Takeoff charts are typically provided in several forms and allow a pilot to compute the takeoff distance of the aircraft with no flaps or with a specific flap configuration. A pilot can also compute distances for a no flap takeoff over a 50 foot obstacle scenario, as well as with flaps over a 50 foot obstacle. The takeoff distance chart provides for various aircraft weights, altitudes, temperatures, winds, and obstacle heights.

**Sample Problem 2**

Pressure Altitude………………………………………..2,000 feet

OAT………………………………………………………………..22 °C

Takeoff Weight………………………………………2,600 pounds

Headwind………………………………………………………6 knots

Obstacle Height…………………………………50 foot obstacle

Refer to Figure 10-22. This chart is an example of a combined takeoff distance graph. It takes into consideration pressure altitude, temperature, weight, wind, and obstacles all on one chart. First, find the correct temperature on the bottom left-hand side of the graph. Follow the line from 22° C straight up until it intersects the 2,000 foot altitude line. From that point, draw a line straight across to the first dark reference line. Continue to draw the line from the reference point in a diagonal direction following the surrounding lines until it intersects the corresponding weight line. From the intersection of 2,600 pounds, draw a line straight across until it reaches the second reference line. Once again, follow the lines in a diagonal manner until it reaches the six knot headwind mark. Follow straight across to the third reference line and from here, draw a line in two directions.
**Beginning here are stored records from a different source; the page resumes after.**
-- ===== src/Benchctl/Cpuidle.antt =====
-- tools/benchctl/src/cpuidle.rs: switching the idle states of the recorded entries, and putting them
-- back as the journal says.
use Prim.Native.String.{String, ◌++◌ as ◌++ₜ◌}
use text.Mathlib.Text.{◌==◌ as ◌=ₜ◌}
use snoozer.Prelude.{
  ℕ, Bool, true, false, not, ◌&&◌, ◌||◌, List, [], ◌∷◌, Option, none, some, if◌then◌else◌,
}
use snoozer.Benchctl.Paths.{FileName}
use snoozer.Benchctl.Errors.{BenchError, state_error, restore_conflict}
use snoozer.Benchctl.Host.{Host, Action, pure, throw, ◌>>=◌, ◌>>◌, throw_if}
use snoozer.Benchctl.Journal.{
  Codec, Journal, IdleEntry, restoring, restored, conflicted, transition, actor, store,
}
use snoozer.Benchctl.Inventory.{read_bit, write_bit, validate_inventory}
pub mod Pending
pub mod Checks
pub mod Writes
pub mod Restore
pub mod Conflict
pub mod Succeeds
pub mod Moves
pub mod Restored

unfoldable pub apply_entries : List IdleEntry → Action
apply_entries [] = pure tt
apply_entries (entry ∷ entries) = do
  current ← read_bit entry.disable_path
  throw_if (not (current =ₜ entry.original)) (state_error "cpuidle value changed before apply")
  write_bit entry.disable_path entry.desired
  apply_entries entries

unfoldable pub apply : List IdleEntry → Action
apply entries = do validate_inventory entries; apply_entries entries

-- `current != entry.original && current != entry.desired`
abbrev pub is_foreign : IdleEntry → String → Bool
is_foreign entry current = not (current =ₜ entry.original) && not (current =ₜ entry.desired)

abbrev pub original_or_desired : IdleEntry → String
original_or_desired entry = entry.original ++ₜ (" or " ++ₜ entry.desired)

module _ (c : Codec) (path : FileName) where
  -- The conflict is recorded before it is reported.
  unfoldable pub report_conflict : Journal → IdleEntry → String → String → Action
  report_conflict journal entry expected actual = do
    process ← actor
    conflicting ← transition conflicted process journal
    store c path conflicting
    throw (restore_conflict entry.disable_path expected actual)

  abbrev pub reject_if : Bool → Journal → IdleEntry → String → String → Action
  reject_if true journal entry expected actual = report_conflict journal entry expected actual
  reject_if false journal entry expected actual = pure tt

  unfoldable pub check_entries : Journal → List IdleEntry → Action
  check_entries journal [] = pure tt
  check_entries journal (entry ∷ entries) = do
    current ← read_bit entry.disable_path
    reject_if (is_foreign entry current) journal entry (original_or_desired entry) current
    check_entries journal entries

  abbrev pub write_if : Bool → IdleEntry → Action
  write_if true entry = write_bit entry.disable_path entry.original
  write_if false entry = pure tt

  unfoldable pub put_back : Journal → List IdleEntry → Action
  put_back journal [] = pure tt
  put_back journal (entry ∷ entries) = do
    current ← read_bit entry.disable_path
    reject_if (is_foreign entry current) journal entry (original_or_desired entry) current
    write_if ((current =ₜ entry.desired) && not (current =ₜ entry.original)) entry
    put_back journal entries

  unfoldable pub verify_entries : Journal → List IdleEntry → Action
  verify_entries journal [] = pure tt
  verify_entries journal (entry ∷ entries) = do
    actual ← read_bit entry.disable_path
    reject_if (not (actual =ₜ entry.original)) journal entry entry.original actual
    verify_entries journal entries

  -- What `restore` does once the journal says that it has started.
  unfoldable pub complete_restore : Journal → Host Journal
  complete_restore started = do
    put_back started started.entries
    validate_inventory started.entries
    verify_entries started started.entries
    finisher ← actor
    finished ← transition restored finisher started
    store c path finished
    pure finished

  -- The journal as it is when the idle states are back.
  unfoldable pub restore : Journal → Host Journal
  restore journal = do
    validate_inventory journal.entries
    check_entries journal journal.entries
    process ← actor
    started ← transition restoring process journal
    store c path started
    complete_restore started
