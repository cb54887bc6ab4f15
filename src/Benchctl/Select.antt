-- ===== src/Benchctl/Select.antt =====
-- tools/benchctl/src/cpuidle.rs: which journals there are, and whether one of them is unfinished.
use Prim.Native.String.{String, compare, ◌++◌ as ◌++ₜ◌}
use text.Mathlib.Text.{◌==◌ as ◌=ₜ◌, is_le}
use snoozer.Prelude.{
  ℕ, Bool, true, false, not, ◌&&◌, ◌||◌, List, [], ◌∷◌, Option, none, some, if◌then◌else◌, ◌==◌,
  length, sort, is_none,
}
use snoozer.Errors.{Result, ok, err}
use snoozer.Benchctl.Paths.{FileName, Directory}
use snoozer.Benchctl.Errors.{
  BenchError, usage, preflight, state_error, workload, request_conflict, recovery_required,
}
use snoozer.Benchctl.Host.{
  Actor, World, Host, Action, pure, throw, ◌>>=◌, ◌>>◌, attempt, throw_if, lift_result, value,
  outcome,
}
use snoozer.Benchctl.Journal.{
  Codec, Request, Journal, TerminalOutcome, prepared, applied, workload_started, workload_finished,
  draining, recoverable, is_restored, new_journal, transition, actor, digest, journal_path,
  exists_file, load, store, read_boot_id,
}
use snoozer.Benchctl.Inventory.{dedup, inventory}
use snoozer.Benchctl.Cpuidle.{apply, restore}
use snoozer.Benchctl.Receipt.{BuildReceipt}
use snoozer.Benchctl.Supervision.{Services, Outcome}
pub mod Listing

abbrev full_name : FileName → String
full_name f = f.stem ++ₜ ("." ++ₜ f.extension)

abbrev insert_name : FileName → List FileName → List FileName
insert_name f [] = f ∷ []
insert_name f (g ∷ gs) =
    if is_le (compare (full_name f) (full_name g)) then f ∷ g ∷ gs else g ∷ insert_name f gs

abbrev sort_names : List FileName → List FileName
sort_names [] = []
sort_names (f ∷ fs) = insert_name f (sort_names fs)

module _ (c : Codec) where
  unfoldable pub is_unfinished : FileName → Host Bool
  is_unfinished path = do journal ← load c path; pure (not (is_restored journal))

  -- `recoverable_only && load_journal(&path)?.stage() == Stage::Restored`, the other way round
  abbrev pub is_wanted : Bool → FileName → Host Bool
  is_wanted true path = is_unfinished path
  is_wanted false path = pure true

  unfoldable pub list_journals : Bool → Directory → Host (List FileName)
  list_journals recoverable_only [] = pure []
  list_journals recoverable_only ((path, bytes) ∷ d) = do
    attempt "listing operation entry"
    wanted ← if path.extension =ₜ "json" then is_wanted recoverable_only path else pure false
    rest ← list_journals recoverable_only d
    pure (if wanted then path ∷ rest else rest)

  abbrev pub existing : FileName → Bool → List FileName
  existing path true = path ∷ []
  existing path false = []

  -- `select_journals`; the state directory exists
  unfoldable pub select_journals : Option String → Bool → Host (List FileName)
  select_journals (some operation_id) recoverable_only = do
    path ← lift_result (journal_path operation_id)
    found ← exists_file path
    pure (existing path found)
  select_journals none recoverable_only = do
    attempt "listing operation state"
    paths ← λ w. list_journals recoverable_only w.operations w
    pure (sort_names paths)

  unfoldable pub require_restored : List FileName → Action
  require_restored [] = pure tt
  require_restored (path ∷ paths) = do
    journal ← load c path
    throw_if (not (is_restored journal)) (recovery_required journal.operation_id)
    require_restored paths

  unfoldable pub require_no_unfinished_journal : Action
  require_no_unfinished_journal = select_journals none false >>= require_restored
First, draw a line straight across to figure the ground roll distance. Next, follow the diagonal lines again until it reaches the corresponding obstacle height. In this case, it is a 50 foot obstacle. Therefore, draw the diagonal line to the far edge of the chart. This results in a 600 foot ground roll distance and a total distance of 1,200 feet over a 50 foot obstacle. To find the corresponding takeoff speeds at lift-off and over the 50 foot obstacle, refer to the table on the top of the chart. In this case, the lift-off speed at 2,600 pounds would be 63 knots and over the 50 foot obstacle would be 68 knots.

**Sample Problem 3**

Pressure Altitude………………………………………..3,000 feet

OAT……………………………………………………………….30 °C

Takeoff Weight……………………………………..2,400 pounds

Headwind……………………………………………………18 knots

Refer to Figure 10-23. This chart is an example of a takeoff distance table for short-field takeoffs. For this table, first find the takeoff weight. Once at 2,400 pounds, begin reading from left to right across the table. The takeoff speed is in the second column and, in the third column under pressure altitude, find the pressure altitude of 3,000 feet. Carefully follow that line to the right until it is under the correct temperature column of 30 °C. The ground roll total reads 1,325 feet and the total required to clear a 50 foot obstacle is 2,480 feet. At this point, there is an 18 knot headwind. According to the notes section under point number two, decrease the distances by ten percent for each 9 knots of headwind. With an 18 knot headwind, it is necessary to decrease the distance by 20 percent. Multiply 1,325 feet by 20 percent (1,325 x .20 = 265), subtract the product from the total distance (1,325 – 265 = 1,060). Repeat this process for the total distance over a 50 foot obstacle. The ground roll distance is 1,060 feet and the total distance over a 50 foot obstacle is 1,984 feet.